И хотя теософия/антропософия уже
завладели умами поэтов еще в России, здесь, в эмиграции, она пустила корни и
глубже, и шире. Знания религиозной философии, к примеру, для другого русского
поэта – Павла Булыгина, жившего в далекой африканской стране Абиссинии, были
глубокими и серьезными. Об этом нам говорят его стихи. Приводимое ниже
стихотворение Булыгина – маленький шедевр, в котором емко уместились основные
мысли теософического учения:
Предчувствие встреч.
Предначертанность чисел.
Разгадка в прошедшем грядущих
событий.
Ушедшего сна неосознанный смысл.
Дрожание с небом связующих нитей.
Вдруг проблеск того, что не знал
никогда, –
Как будто смешенье всех ощущений:
Теперешних, здешних, знакомых
всегда
С забытою жизнью иных ощущений…
В процессе поиска нового
направления, опираясь на философские мировоззрения современности, молодая
эмигрантская поэзия приобретает, наконец, свой новый метафизический смысл.
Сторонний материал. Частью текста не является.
-- ===== src/Accounts/Forms/Views.antt =====
-- The views behind the forms in apps/accounts/views.py: signup_view, profile_edit_view and
-- password_change_view at a POST, with create_user and update_user_password of
-- apps/accounts/services.py. `current` is `request.current_user`, `make_password` is Django's.
use hivewiki_web.Base.{ℕ, Bool, Option, none, some, List, ◌∷◌, ◌==◌, if◌then◌else◌, Result, ok, err}
use hivewiki_web.Base.Text.{Text}
use hivewiki_web.Django.Cache.{Cache}
use hivewiki_web.Accounts.Models.{HiveUser, user, active}
use hivewiki_web.Accounts.Directory.{Directory, save_user, is_taken}
use hivewiki_web.Accounts.Login.{Session, login_user}
use hivewiki_web.Accounts.Middleware.{Access, granted}
use hivewiki_web.Accounts.Forms.{
  Field, FormError, CleanedSignUp, CleanedProfile, sign_up_form, profile_edit_form,
  password_change_form,
}

pub data FormResponse : Type 0 where
  to_dashboard to_login_page no_password integrity_error : FormResponse
  form_errors : List FormError → FormResponse
  signed_up saved changed : HiveUser → FormResponse

module _ (make_password : Text → Text) where
  abbrev pub created : ℕ → ℕ → Text → Text → Text → HiveUser
  created now id username email password = record {
    id = id;
    username = username;
    email = email;
    role = user;
    password_hash = some (make_password password);
    status = active;
    profile_image = none;
    created_at = now;
    updated_at = now;
  }

  -- `HiveUser.objects.create(…)`: `none` is the IntegrityError of a name or an email that is there.
  unfoldable pub create_user :
      ℕ → ℕ → Text → Text → Text → List HiveUser → Option (HiveUser × List HiveUser)
  create_user now id username email password users =
      let u = created now id username email password in
      if is_taken id username email users then none else some (u, u ∷ users)

  unfoldable pub update_user_password : ℕ → Text → HiveUser → List HiveUser → List HiveUser
  update_user_password now new_password u users =
      save_user u.id
        (λ v. record v { password_hash = some (make_password new_password); updated_at = now })
        users

-- `form.save()`: the middleware loads the row without `updated_at`, so the save leaves it as it is.
unfoldable pub save_profile : HiveUser → CleanedProfile → List HiveUser → List HiveUser
save_profile u p users =
    save_user u.id
      (λ v. record v {
        username = p.username;
        email = p.email;
        profile_image = some p.profile_image;
      })
      users

module _ (clean_field : Field → Text → Option Text) (fold_char : ℕ → ℕ) (lower : Text → Text)
    (validate_password : Text → Text → Text → Bool) (make_password : Text → Text) where
  module _ (index : Cache ℕ (List Text) ◌==◌) (session_cookie_age : ℕ) where
    -- The index of sessions, the session, and the tables.
    abbrev pub SignUpWorld : Type 0
    SignUpWorld = index.Store × Session × Directory

    -- What follows `create_user`.
    abbrev pub sign_up_created :
        ℕ → Text → SignUpWorld → Option (HiveUser × List HiveUser) → FormResponse × SignUpWorld
    sign_up_created now new_key w none = (integrity_error, w)
    sign_up_created now new_key (i, s, db) (some (u, users)) =
        let (i', s') = login_user index session_cookie_age now new_key u (i, s) in
        (signed_up u, (i', s', record db { users = users }))

    abbrev pub sign_up_cleaned :
        ℕ
        → Text
        → ℕ
        → SignUpWorld
        → Result (List FormError) CleanedSignUp
        → FormResponse × SignUpWorld
    sign_up_cleaned now new_key id w (err es) = (form_errors es, w)
    sign_up_cleaned now new_key id (i, s, db) (ok c) =
        sign_up_created now new_key (i, s, db)
          (create_user make_password now id c.username c.email c.password db.users)

    -- `id` is the key of a new row.
    unfoldable pub signup_view :
        ℕ
        → Text
        → ℕ
        → Text
        → Text
        → Text
        → Text
        → Option HiveUser
        → SignUpWorld
        → FormResponse × SignUpWorld
    signup_view now new_key id name address pass confirmed (some current) w = (to_dashboard, w)
    signup_view now new_key id name address pass confirmed none (i, s, db) =
        sign_up_cleaned now new_key id (i, s, db)
          (sign_up_form clean_field fold_char lower validate_password db.users name address pass
            confirmed)

  abbrev pub profile_cleaned :
      HiveUser → Directory → Result (List FormError) CleanedProfile → FormResponse × Directory
  profile_cleaned u db (err es) = (form_errors es, db)
  profile_cleaned u db (ok p) = (saved u, record db { users = save_profile u p db.users })

  -- Behind `login_required`.
  unfoldable pub profile_edit_view :
      Text → Text → Text → Text → Access → Directory → FormResponse × Directory
  profile_edit_view base_url name address image (granted u) db = profile_cleaned u db (
      profile_edit_form clean_field fold_char lower validate_password base_url db.users u name
        address image)
  profile_edit_view base_url name address image _ db = (to_login_page, db)

  module _ (check_password : Text → Text → Bool) where
    abbrev pub password_cleaned :
        ℕ → HiveUser → Directory → Result (List FormError) Text → FormResponse × Directory
    password_cleaned now u db (err es) = (form_errors es, db)
    password_cleaned now u db (ok new) =
        (changed u, record db { users = update_user_password make_password now new u db.users })

    abbrev pub password_posted :
        ℕ → Text → Text → Text → HiveUser → Directory → Option Text → FormResponse × Directory
    password_posted now old new confirmed u db none = (no_password, db)
    password_posted now old new confirmed u db (some hash) = password_cleaned now u db (
        password_change_form clean_field fold_char lower validate_password check_password u old new
          confirmed)

    unfoldable pub password_change_view :
        ℕ → Text → Text → Text → Access → Directory → FormResponse × Directory
    password_change_view now old new confirmed (granted u) db =
        password_posted now old new confirmed u db u.password_hash
    password_change_view now old new confirmed _ db = (to_login_page, db)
МЕТАФИЗИЧЕСКАЯ НОТА И РЕЛИГИОЗНЫЕ
ИСКАНИЯ
Английский поэт П. Шелли
определил метафизику как исследование тех вещей, которые принадлежат к
внутренней природе человека или с нею связаны9.
Метафизика уходит своими корнями в область «вечного», изолирует некую тайну,
чтобы ее познать. Путь духовного пробуждения поэта ведет его к вере, к
обращению к Богу. Однако у многих поэтов вопрос веры оставался неразрешенным. Так,
поэт Г. Росимов обращается к Богу с вопросом: «Отчего Ты не видишь, Бог, / Как Твою распинают землю?»
«…Существует только одна
парижская школа, одна метафизическая нота, всё время растущая, – торжественная,
светлая и безнадёжная», – писал Борис Поплавский в статье «О мистической
атмосфере молодой литературы в эмиграции»10. О какой же
«метафизической ноте» писал Поплавский? Почему так часто в русской зарубежной
прессе 1920–30-х годов шел разговор о метафизической атмосфере эмигрантской
литературы? Особенно четко эта мысль прозвучала в многочисленных критических
статьях Юрия Мандельштама. «Мы не приняли насилия над свободой личности, над
свободой человеческого творчества в любой области, над духовным обликом
человека. Хотим ли мы того или не хотим, понимаем ли это или не понимаем, но
эмиграция фактически оказалась явлением метафизическим»11.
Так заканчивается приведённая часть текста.